Materialize uses a streaming engine based on timely dataflow to provide a PostgreSQL compatible SQL interface.
This is not a fully open source solution as it is licensed under the Business Source License v1.1. Which limits you to running the code on a singe instance unless you purchase a licence.
You can deploy the Materialize server using the following command:
$ kubectl apply -f materialize/materialize-deployment.yaml
Once deployed you can interact with the server using the psql
command line client running in another pod using the psql-cli.sh
script:
$ ./materialize/psql-cli.sh <namespace> 1
Where the first argument is the namespace the Materialize instance is deployed in and the second argument is a number used to label different invocations of the CLI if you want to run more than one instance for data entry and analysis.

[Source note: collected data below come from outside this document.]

-- ===== src/Notifications/Places.antt =====
-- The ten places on the shared mail account, which app/notifications/api.py shared_capacity gives out.
use job_ping.Base.{
  ℕ, ◌≤◌, ◌≡◌, refl, sym, ◌∙◌, inl, inr, Bool, true, false, Option, none, some, List, [], ◌∷◌, ◌++◌,
  arith, find, any, All-append, Apart, snoc-Apart, ◌==◌, nat_eq, if◌then◌else◌, Bool-cases, Text,
  list_eq, Result, ok, err,
}
use mathlib.Core.Path.{subst}
use job_ping.Notifications.Models.{Subscriber, Provider, Mailbox}
use job_ping.Notifications.Claims.{change_user, set_user}
use job_ping.Notifications.Webhook.{RequestError, cancel_pending}
use job_ping.Notifications.Admitted.{
  Caller, Fresh, new_subscriber, moved, with_verified, verify, is_taken, admit_found,
}
use job_ping.Notifications.Preferences.{has_place}
use job_ping.Notifications.Rows.{
  same_user, placed, KeepsId, change-Apart, placed-change, HaveProvider, found-rows, none-rows,
  absent-rows, found-id, All-of,
}

-- One row for a subscriber, and at most ten places taken.
pub record HasPlaces (m : Mailbox) : Type 0 where
  pub one_row : Apart same_user m.subscribers
  pub places : placed m.subscribers ≤ 10

-- A change that gives no place.
abbrev pub GivesNone : (Subscriber → Subscriber) → Type 0
GivesNone f = (u : Subscriber) → has_place (f u) ≡ true → has_place u ≡ true

pub set-HasPlaces :
    (id : ℕ) (f : Subscriber → Subscriber) (m : Mailbox)
    → KeepsId f
    → GivesNone f
    → HasPlaces m
    → HasPlaces (set_user id f m)
unfolding set_user
set-HasPlaces id f m k g h = record {
  one_row = change-Apart id f k m.subscribers h.one_row;
  places = omega (
    arith,
    placed-change id f k m.subscribers (
        All-of (λ (u : Subscriber). u.id ≡ id → has_place (f u) ≡ true → has_place u ≡ true)
          m.subscribers (λ u e. g u)),
    h.places,
  );
}

pub cancel-HasPlaces : (id : ℕ) (m : Mailbox) → HasPlaces m → HasPlaces (cancel_pending id m)
unfolding cancel_pending
cancel-HasPlaces id m h = record { one_row = h.one_row; places = h.places }

-- What `subscriber` leaves: the caller's row has the provider that is read.
abbrev pub IsAdmitted : ℕ → Result RequestError Subscriber × Mailbox → Type 0
IsAdmitted id (ok u, n) = HasPlaces n × (u.id ≡ id) × HaveProvider id u.provider n.subscribers
IsAdmitted id (err e, n) = HasPlaces n

changed-rows :
    (id : ℕ) (p : Provider) (f : Subscriber → Subscriber) (us : List Subscriber)
    → ((u : Subscriber) → (f u).provider ≡ u.provider)
    → KeepsId f
    → HaveProvider id p us
    → HaveProvider id p (change_user id f us)
unfolding change_user
changed-rows id p f [] q k h = tt
changed-rows id p f (u ∷ us) q k h = elim (Bool-cases (u.id == id)) [
  | inl t ↦ rw t (λ e. q u ∙ h.0 (sym (k u) ∙ e), changed-rows id p f us q k h.1)
  | inr t ↦ rw t (h.0, changed-rows id p f us q k h.1)
]

or_cancelled-subscribers :
    (b : Bool) (id : ℕ) (m : Mailbox)
    → (if b then m else cancel_pending id m).subscribers ≡ m.subscribers
unfolding cancel_pending
or_cancelled-subscribers true id m = refl
or_cancelled-subscribers false id m = refl

or_cancelled-HasPlaces :
    (b : Bool) (id : ℕ) (m : Mailbox)
    → HasPlaces m
    → HasPlaces (if b then m else cancel_pending id m)
or_cancelled-HasPlaces true id m h = h
or_cancelled-HasPlaces false id m h = cancel-HasPlaces id m h

verify-IsAdmitted :
    (who : Caller) (u : Subscriber) (m : Mailbox)
    → HasPlaces m
    → u.id ≡ who.uid
    → HaveProvider who.uid u.provider m.subscribers
    → IsAdmitted who.uid (verify who u m)
unfolding verify with_verified has_place set_user
verify-IsAdmitted who u m h i p =
    let n = set_user who.uid (with_verified who) m in
    let hn : HasPlaces n = set-HasPlaces who.uid (with_verified who) m (λ u. refl) (λ u k. k) h in
    let pn =
      changed-rows who.uid u.provider (with_verified who) m.subscribers (λ u. refl) (λ u. refl) p in
    (
      or_cancelled-HasPlaces who.verified who.uid n hn,
      i,
      subst (HaveProvider who.uid u.provider)
          (sym (or_cancelled-subscribers who.verified who.uid n)) pn,
    )

appended-placed :
    (us : List Subscriber) (u : Subscriber)
    → has_place u ≡ false
    → placed (us ++ (u ∷ [])) ≡ placed us
appended-placed [] u h = ground arith
appended-placed (v ∷ us) u h = ground (arith, appended-placed us u h)

new-IsAdmitted :
    (who : Caller) (new : Subscriber) (m : Mailbox)
    → HasPlaces m
    → new.id ≡ who.uid
    → has_place new ≡ false
    → find (λ v. v.id == who.uid) m.subscribers ≡ none
    → IsAdmitted who.uid (verify who new (record m { subscribers = m.subscribers ++ (new ∷ []) }))
new-IsAdmitted who new m h i g f =
    let absent = none-rows who.uid m.subscribers f in
    let rows : HasPlaces (record m { subscribers = m.subscribers ++ (new ∷ []) }) = record {
      one_row =
          snoc-Apart same_user m.subscribers new h.one_row
            (subst (λ (i : ℕ). any (λ v. v.id == i) m.subscribers ≡ false) (sym i) absent);
      places = omega (arith, appended-placed m.subscribers new g, h.places);
    } in
    verify-IsAdmitted who new (record m { subscribers = m.subscribers ++ (new ∷ []) }) rows i
      (All-append (λ (u : Subscriber). u.id ≡ who.uid → u.provider ≡ new.provider) m.subscribers
        (new ∷ []) (absent-rows who.uid new.provider m.subscribers absent) ((λ e. refl), tt))

pub admit-IsAdmitted :
    (f : Fresh) (who : Caller) (timezone : Text) (o : Option Subscriber) (m : Mailbox)
    → HasPlaces m
    → find (λ v. v.id == who.uid) m.subscribers ≡ o
    → IsAdmitted who.uid (admit_found f who timezone o m)
unfolding admit_found new_subscriber moved has_place
admit-IsAdmitted f who timezone none m h e = elim (Bool-cases (is_taken who.email m)) [
  | inl t ↦ rw t h
  | inr t ↦ rw t (new-IsAdmitted who (new_subscriber f who timezone) m h refl refl e)
]
admit-IsAdmitted f who timezone (some u) m h e =
    let i : u.id ≡ who.uid = ground (arith, found-id who.uid m.subscribers u e) in
    let p = found-rows who.uid m.subscribers u h.one_row e in
    elim (Bool-cases (u.email == who.email)) [
      | inl t ↦ rw t (verify-IsAdmitted who u m h i p)
      | inr t ↦ elim (Bool-cases (is_taken who.email m)) [
        | inl k ↦ rw (t, k) h
        | inr k ↦
            rw (t, k)
              (verify-IsAdmitted who (moved f who u)
                (set_user who.uid (moved f who) (cancel_pending who.uid m))
                (set-HasPlaces who.uid (moved f who) (cancel_pending who.uid m) (λ u. refl)
                  (λ u k. absurd (ground arith)) (cancel-HasPlaces who.uid m h))
                i
                (changed-rows who.uid u.provider (moved f who) m.subscribers (λ u. refl) (λ u. refl)
                  p))
      ]
    ]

Now you can play with Materialize and follow the project quickstart guide.
Apache Calcite provides libraries and tools to parse and optimise SQL queries and run them on a large number of different storage layers and execution engines. These include experimental support for Apache Kafka as a data source and allows you to query topics using Calcite's Streaming SQL support.
An example Kafka Adapter model file is provided in the /calacite
folder. This is attached to a simple stream of usernames and titles from the wiki changes stream.
You can run the calcite sqlline
tool by cloning the calcite repo and running the following command from the repo root:
$ ./sqlline
To connect to the kafka cluster running in minikube
you will need to add an external listener to your cluster definition. You can add the following config for an unsecured external listener:
kafka:
listeners:
external:
tls: false
type: nodeport
And then expose the listener port using:
kubectl port-forward svc/my-cluster-kafka-external-bootstrap 9094:9094
This will make the Kafka bootstrap service available at localhost:9094
.
You can then start the calcite sqlline
tool and connect to the user-titles
stream (defined in the kafka.modle.json
schema file) using the command below:
sqlline> !connect jdbc:calcite:model=kafka.model.json admin admin
The above assumes that you placed kafka.model.json
in the Calcite repo root but you can pass a relative path after the =
pointing to the schema file.
You can see the USER_TITLES
table by running the command below:
SELECT STREAM * FROM KAFKA.USER_TITLES LIMIT 10;
The LIMIT
term is there to get the query to return faster.